Jünger was authenticated by his life, in Venner’s eyes. Venner was moved by Jünger’s high spirituality formed in the forests and nature. He quotes St. Bernard:
You will find more in the forests than in books. The trees will teach you things that no master will tell you.
That is the spirituality of Jünger’s French and Gaulish ancestors, which is what Venner terms “tradition”, which “develops in us without our knowing it.”
Venner never mentioned that both Maurras and Jünger converted to Catholicism before their death. It is hard to believe that, in such thoughtful men, the conversion was motivated by weakness or ignorance. Most likely, it is the correct conclusion of old men who have known nature, excellence, and beauty, yet were still seeking for their fulfillment. Ironically, in Venner’s words, in those men tradition slowly developed within them. Venner makes the choice starkly clear: conversion or suicide. Mock me if you will, I am just trying to save you many years of lost time, if not suicide.
His Favorite Ideas
Charles Maurras, wrote the following as a pagan. I do not repeat this to convert any pagans, but rather to set the standard that they will need to surpass.
All my favorite ideas—order, tradition, discipline, hierarchy, authority, continuity, unity, work, family, corporation, decentralization, autonomy, organization of workers—had been preserved and perfected by Catholicism.
The Moral Conception of the World
The intellectual contemplation of nature, excellence, and beauty, as taught to us by the Greeks, is our foundation. However, European civilization advanced because it was creative, something constructed, not merely contemplated. Hence, to awake from “dormition” is to once again begin to create. In the conclusion of The Theory of Mind as Pure Act, Giovanni Gentile explains:
Idealism is anti-intellectualistic and, in this sense, profoundly Christian, if we take Christianity as meaning the intrinsically moral conception of the world. This moral conception is one which is entirely alien to India and to Greece even in their greatest speculative efforts. The philosophy of India ends in asceticism, in the suppression of the passions, in the extirpation of desire and every root of the human incentive to work, in nirvana. Its ideal, therefore, is the simple negation of the real in which morality realizes itself, human personality.
And in Greek philosophy the highest ethical word it can pronounce is Justice. Justice renders to each his own and therefore preserves the natural order, but it can neither create nor construct a new world. Greek philosophy, therefore, cannot express the essential virtue of mind which is its creative nature, it must produce the good which it cannot find confronting. How could Greek philosophy understand the moral nature of mind seeing that its world was not mind but nature?

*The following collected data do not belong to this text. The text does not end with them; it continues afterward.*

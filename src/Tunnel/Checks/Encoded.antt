-- ===== src/Tunnel/Checks/Encoded.antt =====
-- Bytes that were written as base64 pass the check of a field.
use consensus_node.Base.{
  ℕ, false, List, [], ◌∷◌, some, ◌==◌, nat_eq, text_eq, length, ok, ◌≡◌, ◌≢◌, refl, sym, ap, ◌∙◌,
  arith, ==_ne,
}
use consensus_node.Base.Json.{str}
use consensus_node.Crypto.Primitives.{Base64}
use consensus_node.Tunnel.Checks.{bytes_of}

module _ (base64 : Base64) where
  pub encode_not_empty : (b : List ℕ) → b ≢ [] → base64.encode b ≢ []
  encode_not_empty b h e =
      h (sym (base64.decode-encode b) ∙ (ap base64.decode e ∙ base64.decode_empty))

  length_not_zero : (b : List ℕ) → b ≢ [] → (length b == 0) ≡ false
  length_not_zero [] h = absurd (h refl)
  length_not_zero (x ∷ b) h = ground arith

  pub bytes_of-encode {ℓ} :
      {E : Type ℓ} (missing nothing : E) (b : List ℕ)
      → b ≢ []
      → bytes_of base64.decode missing nothing (some (str (base64.encode b))) ≡ ok b
  bytes_of-encode missing nothing b h =
      rw
        (
          ==_ne (base64.encode b) [] (encode_not_empty b h),
          base64.decode-encode b,
          length_not_zero b h,
        )
        refl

Nature need not be material, it might be ideal but it is what the mind contemplates, not what it makes. Greek morality ends in the Stoical doctrine of suicide, a doctrine consistent with its immanent tendency to an intellectualistic conception of a reality in which the subject has no worth. Christianity, on the other hand, discovers the reality which is not until it creates itself, and is what it creates. It cannot be treated like the Greek philosopher’s world, already in existence and waiting to be known til the philosopher is ready to contemplate it, when he has drawn aside as it were, when, as Aristotle would say, all the wants of his life are appeased and life is as it were complete.
It is a reality which waits for us to construct, a reality which is truly even now love and will, because it is the inward effort of the soul, its living process, not its ideal and external model.

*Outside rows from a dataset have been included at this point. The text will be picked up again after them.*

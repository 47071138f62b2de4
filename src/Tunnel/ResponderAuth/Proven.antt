-- ===== src/Tunnel/ResponderAuth/Proven.antt =====
-- A proof that src/tunnel/responder-auth.ts makes is one that it accepts.
use mathlib.Core.Option
use consensus_node.Base.{
  ℕ, Text, codes, text_eq, text_beq, true, List, [], Option, none, some, nat_eq, length, ok, ◌≡◌,
  ◌≢◌, refl, ap, arith, ==_refl, ==_ne, or_else,
}
use consensus_node.Base.Int.{ℤ, pos, ◌+ℤ◌, ◌-ℤ◌, ◌≤ℤ◌, le→leb_ℤ}
use consensus_node.Base.Json.{num, str, obj, Fields, end, field, JsonCodec, lookup, IsPlain, IsSafe}
use consensus_node.Crypto.Primitives.{Signatures, Base64}
use consensus_node.Tunnel.Messages.{opt_text}
use consensus_node.Tunnel.Checks.{
  append_field, remove_field, signature_key, signing_payload, same_text,
}
use consensus_node.Tunnel.Checks.Encoded.{encode_not_empty, bytes_of-encode}
use consensus_node.Tunnel.ResponderAuth.{
  responder_auth_protocol, responder_auth_version, default_clock_tolerance_sec, default_max_age_sec,
  decode_base64, not_a_text, nothing_decoded, check_binding, assert_base, assert_challenge,
  assert_proof, create_challenge, unsigned_proof, signed_proof, sign_challenge, check_proof,
  verify_proof,
}

-- What the checks of a message ask of it.
pub record IsMessage (node_id : Text) (timestamp : ℤ) (binding : Option Text) (fs : Fields)
    : Type 0 where
  pub says_protocol : lookup (codes "protocol") fs ≡ some (str responder_auth_protocol)
  pub says_version : lookup (codes "version") fs ≡ some (num (pos responder_auth_version))
  pub says_node_id : lookup (codes "node_id") fs ≡ some (str node_id)
  pub says_timestamp : lookup (codes "timestamp") fs ≡ some (num timestamp)
  pub says_binding : lookup (codes "channel_binding") fs ≡ Option.map str binding

-- When a proof of `issued` is fresh at the time `now`.
pub record IsFresh (issued now skew max_age : ℤ) : Type 0 where
  pub not_early : issued ≤ℤ (now +ℤ skew)
  pub not_old : ((now -ℤ max_age) -ℤ skew) ≤ℤ issued

module _ (base64 : Base64) where
  pub decode-encode_base64 :
      (b : List ℕ) → b ≢ [] → decode_base64 base64 (some (str (base64.encode b))) ≡ ok b
  unfolding decode_base64
  decode-encode_base64 b h = bytes_of-encode base64 not_a_text nothing_decoded b h

  check_binding-some :
      (b : List ℕ) → b ≢ [] → check_binding base64 (some (str (base64.encode b))) ≡ ok tt
  check_binding-some b h = rw (decode-encode_base64 b h) refl

  binding_checked :
      (binding : Option (List ℕ))
      → binding ≢ some []
      → check_binding base64 (Option.map str (Option.map base64.encode binding)) ≡ ok tt
  binding_checked none h = refl
  binding_checked (some b) h = check_binding-some b (λ e. h (ap some e))

  assert_base_intro :
      (node_id : Text) (timestamp : ℤ) (binding : Option (List ℕ)) (fs : Fields)
      → IsMessage node_id timestamp (Option.map base64.encode binding) fs
      → node_id ≢ []
      → binding ≢ some []
      → assert_base base64 (obj fs) ≡ ok fs
  unfolding assert_base text_beq
  assert_base_intro node_id timestamp binding fs m named bound =
      rw
        (
          m.says_protocol,
          m.says_version,
          m.says_node_id,
          m.says_timestamp,
          m.says_binding,
          ==_ne node_id [] named,
          binding_checked binding bound,
        )
        refl

  pub created : Text → ℤ → List ℕ → Option (List ℕ) → Fields
  created node_id timestamp nonce binding = field (codes "protocol") (str responder_auth_protocol) (
      field (codes "version") (num (pos responder_auth_version)) (
        field (codes "node_id") (str node_id) (
          field (codes "client_nonce") (str (base64.encode nonce)) (
            field (codes "timestamp") (num timestamp)
              (opt_text (codes "channel_binding") (Option.map base64.encode binding) end)))))

  pub create_challenge-eq :
      (node_id : Text) (timestamp : ℤ) (nonce : List ℕ) (binding : Option (List ℕ))
      → create_challenge base64 node_id timestamp nonce binding
        ≡ obj (created node_id timestamp nonce binding)
  unfolding created create_challenge
  create_challenge-eq node_id timestamp nonce binding = refl

  pub created-IsMessage :
      (node_id : Text) (timestamp : ℤ) (nonce : List ℕ) (binding : Option (List ℕ))
      → IsMessage node_id timestamp
          (Option.map base64.encode binding)
          (created node_id timestamp nonce binding)
  unfolding created lookup text_beq
  created-IsMessage node_id timestamp nonce none = record {
    says_protocol = refl;
    says_version = refl;
    says_node_id = refl;
    says_timestamp = refl;
    says_binding = refl;
  }
  created-IsMessage node_id timestamp nonce (some b) = record {
    says_protocol = refl;
    says_version = refl;
    says_node_id = refl;
    says_timestamp = refl;
    says_binding = refl;
  }

  pub created_nonce :
      (node_id : Text) (timestamp : ℤ) (nonce : List ℕ) (binding : Option (List ℕ))
      → lookup (codes "client_nonce") (created node_id timestamp nonce binding)
        ≡ some (str (base64.encode nonce))
  unfolding created lookup text_beq
  created_nonce node_id timestamp nonce binding = refl

  pub assert_challenge-create_challenge :
      (node_id : Text) (timestamp : ℤ) (nonce : List ℕ) (binding : Option (List ℕ))
      → node_id ≢ []
      → nonce ≢ []
      → binding ≢ some []
      → assert_challenge base64 (create_challenge base64 node_id timestamp nonce binding)
        ≡ ok (created node_id timestamp nonce binding)
  unfolding assert_challenge
  assert_challenge-create_challenge node_id timestamp nonce binding named fresh bound =
      rw
        (
          create_challenge-eq node_id timestamp nonce binding,
          assert_base_intro node_id timestamp binding (created node_id timestamp nonce binding)
              (created-IsMessage node_id timestamp nonce binding) named bound,
          created_nonce node_id timestamp nonce binding,
          decode-encode_base64 nonce fresh,
        )
        refl

  pub signed_fields : Text → List ℕ → List ℕ → ℤ → Option (List ℕ) → Text → Fields
  signed_fields node_id client_nonce node_nonce issued binding signature =
      append_field
        (unsigned_proof base64 node_id (some (str (base64.encode client_nonce))) node_nonce issued
          (Option.map str (Option.map base64.encode binding)))
        signature_key (str signature)

  pub signed_fields-IsMessage :
      (node_id : Text) (cn nn : List ℕ) (issued : ℤ) (binding : Option (List ℕ)) (sig : Text)
      → IsMessage node_id issued
          (Option.map base64.encode binding)
          (signed_fields node_id cn nn issued binding sig)
  unfolding signed_fields unsigned_proof lookup text_beq append_field
  signed_fields-IsMessage node_id cn nn issued none sig = record {
    says_protocol = refl;
    says_version = refl;
    says_node_id = refl;
    says_timestamp = refl;
    says_binding = refl;
  }
  signed_fields-IsMessage node_id cn nn issued (some b) sig = record {
    says_protocol = refl;
    says_version = refl;
    says_node_id = refl;
    says_timestamp = refl;
    says_binding = refl;
  }

  pub signed_fields-nonces :
      (node_id : Text) (cn nn : List ℕ) (issued : ℤ) (binding : Option (List ℕ)) (sig : Text)
      → let fs = signed_fields node_id cn nn issued binding sig in
        (lookup (codes "client_nonce") fs ≡ some (str (base64.encode cn)))
        × (lookup (codes "node_nonce") fs ≡ some (str (base64.encode nn)))
        × (lookup signature_key fs ≡ some (str sig))
  unfolding signed_fields unsigned_proof lookup text_beq append_field
  signed_fields-nonces node_id cn nn issued none sig = (refl, refl, refl)
  signed_fields-nonces node_id cn nn issued (some b) sig = (refl, refl, refl)

  -- A proof of a time that JSON can write is read as it was written.
  pub signed_fields-IsPlain :
      (node_id : Text) (cn nn : List ℕ) (issued : ℤ) (binding : Option (List ℕ)) (sig : Text)
      → IsSafe issued
      → IsPlain (obj (signed_fields node_id cn nn issued binding sig))
  unfolding signed_fields unsigned_proof lookup text_beq append_field
  signed_fields-IsPlain node_id cn nn issued none sig safe = (
    refl,
    tt,
    (
      refl,
      (omega arith, omega arith),
      (refl, tt, (refl, tt, (refl, tt, (refl, safe, (refl, tt, tt))))),
    ),
  )
  signed_fields-IsPlain node_id cn nn issued (some b) sig safe = (
    refl,
    tt,
    (
      refl,
      (omega arith, omega arith),
      (refl, tt, (refl, tt, (refl, tt, (refl, safe, (refl, tt, (refl, tt, tt)))))),
    ),
  )

  -- What is signed is the proof without its signature.
  signed_fields-payload :
      (json : JsonCodec) (node_id : Text) (cn nn : List ℕ) (issued : ℤ) (binding : Option (List ℕ))
      (sig : Text)
      → signing_payload json (signed_fields node_id cn nn issued binding sig)
        ≡ signing_payload json (
            unsigned_proof base64 node_id
              (some (str (base64.encode cn)))
              nn
              issued
              (Option.map str (Option.map base64.encode binding)))
  unfolding signing_payload remove_field signed_fields unsigned_proof text_beq append_field
  signed_fields-payload json node_id cn nn issued none sig = refl
  signed_fields-payload json node_id cn nn issued (some b) sig = refl

  same_binding :
      (binding : Option (List ℕ))
      → same_text
          (Option.map str (Option.map base64.encode binding))
          (Option.map str (Option.map base64.encode binding))
        ≡ true
  same_binding none = refl
  same_binding (some b) = ==_refl (base64.encode b)

  module _ (signatures : Signatures) (json : JsonCodec) (node_id : Text) (private_key : ℕ)
      (client_nonce node_nonce : List ℕ) (sent issued : ℤ) (binding : Option (List ℕ)) where
    pub unsigned : Fields
    unsigned =
        unsigned_proof base64 node_id (some (str (base64.encode client_nonce))) node_nonce issued
          (Option.map str (Option.map base64.encode binding))

    pub signature : Text
    signature = base64.encode (signatures.sign private_key (signing_payload json unsigned))

    -- The fields of the proof
    pub proof : Fields
    unfolding unsigned signature
    proof = signed_fields node_id client_nonce node_nonce issued binding signature

    pub proof-IsPlain : IsSafe issued → IsPlain (obj proof)
    unfolding proof
    proof-IsPlain safe =
        signed_fields-IsPlain node_id client_nonce node_nonce issued binding signature safe

    sign_challenge-create_challenge :
        node_id ≢ []
        → client_nonce ≢ []
        → binding ≢ some []
        → sign_challenge base64 signatures json
            (create_challenge base64 node_id sent client_nonce binding)
            private_key
            node_id
            issued
            node_nonce
          ≡ ok (obj proof)
    unfolding sign_challenge signed_proof proof signed_fields
    sign_challenge-create_challenge named fresh bound =
        rw
          (
            assert_challenge-create_challenge node_id sent client_nonce binding named fresh bound,
            (created-IsMessage node_id sent client_nonce binding).says_node_id,
            created_nonce node_id sent client_nonce binding,
            (created-IsMessage node_id sent client_nonce binding).says_binding,
            ==_refl node_id,
          )
          refl

    pub proof-IsMessage : IsMessage node_id issued (Option.map base64.encode binding) proof
    unfolding proof
    proof-IsMessage =
        signed_fields-IsMessage node_id client_nonce node_nonce issued binding signature

    pub proof-nonces :
        (lookup (codes "client_nonce") proof ≡ some (str (base64.encode client_nonce)))
        × (lookup (codes "node_nonce") proof ≡ some (str (base64.encode node_nonce)))
        × (lookup signature_key proof ≡ some (str signature))
    unfolding proof
    proof-nonces = signed_fields-nonces node_id client_nonce node_nonce issued binding signature

    proof_asserted :
        node_id ≢ []
        → client_nonce ≢ []
        → node_nonce ≢ []
        → binding ≢ some []
        → signature ≢ []
        → assert_proof base64 (obj proof) ≡ ok proof
    unfolding assert_proof
    proof_asserted named fresh fresh' bound signed =
        let (c, n, sig) = proof-nonces in
        rw
          (
            assert_base_intro node_id issued binding _ proof-IsMessage named bound,
            c,
            n,
            sig,
            decode-encode_base64 client_nonce fresh,
            decode-encode_base64 node_nonce fresh',
            ==_ne signature [] signed,
          )
          refl

    signature_not_empty : signature ≢ []
    unfolding signature
    signature_not_empty =
        encode_not_empty base64 _ (λ e. absurd (no_signature (signing_payload json unsigned) e))
      where
        no_signature : (m : List ℕ) → signatures.sign private_key m ≡ [] → ⊥
        no_signature m e = omega (arith, signatures.length-sign private_key m, ap (length {0}) e)

    signature_verifies :
        signatures.verify
          (signatures.public_of private_key)
          (signing_payload json proof)
          (base64.decode signature)
        ≡ true
    unfolding proof signature
    signature_verifies =
        rw
          (
            signed_fields-payload json node_id client_nonce node_nonce issued binding
                (base64.encode (signatures.sign private_key (signing_payload json unsigned))),
            base64.decode-encode (signatures.sign private_key (signing_payload json unsigned)),
          )
          (signatures.verify-sign private_key (signing_payload json unsigned))

    -- A node that answers a challenge proves itself: the challenge is signed, and the proof is
    -- accepted under the node's public key for that node and challenge, at every time at which it
    -- is fresh. The node's id, both nonces and the binding, if there is one, are not empty.
    pub verify-sign_challenge :
        (clock : ℤ) (now skew max_age : Option ℤ)
        → node_id ≢ []
        → client_nonce ≢ []
        → node_nonce ≢ []
        → binding ≢ some []
        → IsFresh issued
            (or_else now clock)
            (or_else skew default_clock_tolerance_sec)
            (or_else max_age default_max_age_sec)
        → let challenge = create_challenge base64 node_id sent client_nonce binding in
          (sign_challenge base64 signatures json challenge private_key node_id issued node_nonce
            ≡ ok (obj proof))
          × (verify_proof base64 signatures json clock (record {
            proof = obj proof;
            challenge = challenge;
            expected_node_id = node_id;
            expected_node_public_key = signatures.public_of private_key;
            now = now;
            clock_tolerance_sec = skew;
            max_age_sec = max_age;
          })
              ≡ ok proof)
    unfolding verify_proof check_proof
    verify-sign_challenge clock now skew max_age named fresh fresh' bound recent =
        let (c, n, sig) = proof-nonces in
        let m = proof-IsMessage in
        let asked = created-IsMessage node_id sent client_nonce binding in
        (
          sign_challenge-create_challenge named fresh bound,
          rw
              (
                assert_challenge-create_challenge node_id sent client_nonce binding named fresh
                    bound,
                proof_asserted named fresh fresh' bound signature_not_empty,
                m.says_node_id,
                asked.says_node_id,
                c,
                m.says_binding,
                m.says_timestamp,
                sig,
                created_nonce node_id sent client_nonce binding,
                asked.says_binding,
                ==_refl node_id,
                ==_refl (base64.encode client_nonce),
                same_binding binding,
                le→leb_ℤ _ _ recent.not_early,
                le→leb_ℤ _ _ recent.not_old,
                signature_verifies,
              )
              refl,
        )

It is man himself who rises above humanity and becomes God. And even God is no longer a reality who already is, but the God who is begotten in us and is ourselves insofar as we with our whole being rise to Him. Here mind is no longer intellect but will. The world is no longer what is known but what is made: and therefore not only can we begin to conceive the mind as freedom or moral activity, but the world, the whole world of the Christian, is freed and redeemed.